It is called a function and not a system for a specific reason. The value I give to incoming information is based on what I feel, Am I comfortable with it or not, how does it feel to me, does it bore me, exite me and so on. That is the starting point from which I form my attitude towards it as I start understanding why exactly it makes me feel a certain way and from here on out I can formulate a logical reason as to why aka the full fledged value which will stick with me from now on. As long as the information I have remains constant or similar it will not change.

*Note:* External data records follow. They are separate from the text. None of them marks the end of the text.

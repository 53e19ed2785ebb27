-- ===== src/KeyRing/Listing.antt =====
-- old/pkg/sshutil/sshutil.go: `KeyList`, `mergeKeyList` and `FindPrivKey`: the agent's keys with what
-- the settings know of them, and behind them the keys of the settings that are not loaded.
use mathlib.Core.List.{map-append}
use omni_sshagent.Base.{
  Bool, true, false, not, ◌||◌, List, [], ◌∷◌, ◌++◌, Option, none, some, Result, ok, err,
  if◌then◌else◌, ◌≡◌, refl, ap, ◌∙◌, arith, map, Bool-cases, inl, inr,
}
use omni_sshagent.Base.Text.{Text, equal, equal_iff}
use omni_sshagent.KeyRing.{PublicKey, PrivateKeyFile, System, State, Fault, Step, done, ◌>>=◌}
use omni_sshagent.KeyRing.Agent.{list_publickeys}

-- `PrivateKeyFile{PublicKey: key}`
abbrev pub bare : PublicKey → PrivateKeyFile
bare key = record {
  id = [];
  name = [];
  file_path = [];
  file_type = [];
  store_type = [];
  encryption = false;
  passphrase = [];
  public_key = key;
}

-- `getKey` and `hasKey`
unfoldable pub get_key : List PrivateKeyFile → PublicKey → Option PrivateKeyFile
get_key [] pubkey = none
get_key (key ∷ keys) pubkey =
    let rest = get_key keys pubkey in
    if equal key.public_key.sha256 pubkey.sha256 then some key else rest

unfoldable pub has_key : List PublicKey → PrivateKeyFile → Bool
has_key [] key = false
has_key (pubkey ∷ pubkeys) key =
    let rest = has_key pubkeys key in
    if equal pubkey.sha256 key.public_key.sha256 then true else rest

abbrev or_bare : PublicKey → Option PrivateKeyFile → PrivateKeyFile
or_bare pubkey none = bare pubkey
or_bare pubkey (some key) = key

-- The two loops of `mergeKeyList`.
unfoldable pub merge_agent : List PrivateKeyFile → List PublicKey → List PrivateKeyFile
unfolding get_key
merge_agent keys [] = []
merge_agent keys (pubkey ∷ pubkeys) =
    or_bare pubkey (get_key keys pubkey) ∷ merge_agent keys pubkeys

unfoldable pub not_loaded : List PublicKey → List PrivateKeyFile → List PrivateKeyFile
unfolding has_key
not_loaded pubkeys [] = []
not_loaded pubkeys (key ∷ keys) =
    let rest = not_loaded pubkeys keys in if not (has_key pubkeys key) then key ∷ rest else rest

unfoldable pub merge_key_list : List PublicKey → List PrivateKeyFile → List PrivateKeyFile
unfolding merge_agent not_loaded
merge_key_list pubkeys keys = merge_agent keys pubkeys ++ not_loaded pubkeys keys

abbrev pub fingerprint : PrivateKeyFile → Text
fingerprint key = key.public_key.sha256

abbrev pub agent_fingerprint : PublicKey → Text
agent_fingerprint key = key.sha256

module _ (sys : System) where
  unfoldable pub key_list : Step (State sys) (List PrivateKeyFile)
  unfolding merge_key_list
  key_list = list_publickeys sys >>= λ pubkeys s. done (merge_key_list pubkeys s.save_data.keys) s

  -- The loop of `FindPrivKey`.
  unfoldable pub find_fingerprint : Text → List PrivateKeyFile → Option PrivateKeyFile
  find_fingerprint sha256 [] = none
  find_fingerprint sha256 (key ∷ keys) =
      let rest = find_fingerprint sha256 keys in
      if equal (fingerprint key) sha256 then some key else rest

  abbrev found : Text → Result Fault (List PrivateKeyFile) → Option PrivateKeyFile
  found sha256 (err e) = none
  found sha256 (ok keys) = find_fingerprint sha256 keys

  unfoldable pub find_priv_key : sys.SshKey → State sys → State sys × Option PrivateKeyFile
  unfolding key_list find_fingerprint
  find_priv_key key s = let (s', r) = key_list s in (s', found (sys.fingerprint_sha256 key) r)

or_bare-fingerprint :
    (keys : List PrivateKeyFile) (pubkey : PublicKey)
    → fingerprint (or_bare pubkey (get_key keys pubkey)) ≡ pubkey.sha256
unfolding get_key
or_bare-fingerprint [] pubkey = refl
or_bare-fingerprint (key ∷ keys) pubkey =
    elim (Bool-cases (equal key.public_key.sha256 pubkey.sha256)) [
      | inl e ↦ rw (e, get_key) ((equal_iff key.public_key.sha256 pubkey.sha256).0 e)
      | inr e ↦ rw (e, get_key) (or_bare-fingerprint keys pubkey)
    ]

merge_agent-fingerprints :
    (keys : List PrivateKeyFile) (pubkeys : List PublicKey)
    → map fingerprint (merge_agent keys pubkeys) ≡ map agent_fingerprint pubkeys
unfolding merge_agent
merge_agent-fingerprints keys [] = refl
merge_agent-fingerprints keys (pubkey ∷ pubkeys) =
    rw (or_bare-fingerprint keys pubkey, merge_agent-fingerprints keys pubkeys)

-- The list begins with the agent's keys, one entry for each and in the agent's order, and continues
-- with the keys of the settings that the agent does not hold.
pub merge_key_list-fingerprints :
    (pubkeys : List PublicKey) (keys : List PrivateKeyFile)
    → map fingerprint (merge_key_list pubkeys keys)
      ≡ map agent_fingerprint pubkeys ++ map fingerprint (not_loaded pubkeys keys)
unfolding merge_key_list
merge_key_list-fingerprints pubkeys keys =
    map-append fingerprint (merge_agent keys pubkeys) (not_loaded pubkeys keys)
    ∙ ap (λ (f : List Text). f ++ map fingerprint (not_loaded pubkeys keys))
        (merge_agent-fingerprints keys pubkeys)

-- Whether a fingerprint is one of a list.
unfoldable pub among : Text → List Text → Bool
among f [] = false
among f (g ∷ fs) = equal g f || among f fs

among-append : (f : Text) (fs gs : List Text) → among f (fs ++ gs) ≡ (among f fs || among f gs)
unfolding among
among-append f [] gs = refl
among-append f (g ∷ fs) gs = ground (arith, among-append f fs gs)

has_key-among :
    (pubkeys : List PublicKey) (key : PrivateKeyFile)
    → has_key pubkeys key ≡ among (fingerprint key) (map agent_fingerprint pubkeys)
unfolding has_key among
has_key-among [] key = refl
has_key-among (pubkey ∷ pubkeys) key = ground (arith, has_key-among pubkeys key)

among_loaded :
    (f : Text) (pubkeys : List PublicKey) (keys : List PrivateKeyFile)
    → (among f (map agent_fingerprint pubkeys)
        || among f (map fingerprint (not_loaded pubkeys keys)))
      ≡ (among f (map agent_fingerprint pubkeys) || among f (map fingerprint keys))
unfolding among not_loaded
among_loaded f pubkeys [] = refl
among_loaded f pubkeys (key ∷ keys) = elim (Bool-cases (equal (fingerprint key) f)) [
  | inl e ↦ ground (
    arith,
    among_loaded f pubkeys keys,
    has_key-among pubkeys key,
    (equal_iff (fingerprint key) f).0 e,
  )
  | inr e ↦ ground (arith, among_loaded f pubkeys keys, e)
]

-- A fingerprint is listed exactly if the agent or the settings have a key of it.
pub merge_key_list-among :
    (f : Text) (pubkeys : List PublicKey) (keys : List PrivateKeyFile)
    → among f (map fingerprint (merge_key_list pubkeys keys))
      ≡ (among f (map agent_fingerprint pubkeys) || among f (map fingerprint keys))
merge_key_list-among f pubkeys keys =
    ap (among f) (merge_key_list-fingerprints pubkeys keys)
    ∙ among-append f (map agent_fingerprint pubkeys) (map fingerprint (not_loaded pubkeys keys))
    ∙ among_loaded f pubkeys keys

I do not need to cotrast it to anything. I do not need an outside or internal standard to compare it with. I just know.


----------



## DAPHNE XO (Jan 16, 2012)

FreeBeer said:


> It is called a function and not a system for a specific reason. The value I give to incoming information is based on what I feel, Am I comfortable with it or not, how does it feel to me, does it bore me, exite me and so on. That is the starting point from which I form my attitude towards it as I start understanding why exactly it makes me feel a certain way and from here on out I can formulate a logical reason as to why aka the full fledged value which will stick with me from now on. As long as the information I have remains constant or similar it will not change.
> 
> I do not need to cotrast it to anything. I do not need an outside or internal standard. I just know.


I'm going to compare this answer to ones given by Ni users who claim Ni is a mystical, unknowable, difficult to explain function.

...And I'm going to leave this thread here because it seems to me you just can't really put in words how your Fi works and because of that, it's not a system.


----------



## ferroequinologist (Jul 27, 2012)

JungleDisco said:


> No not at all! I know introverted feelers have their own personal values that they do not readily share, but from my observations these values are built like a system because they tend to be very black and white and rigid UNTIL they sense a shift in their gut reaction.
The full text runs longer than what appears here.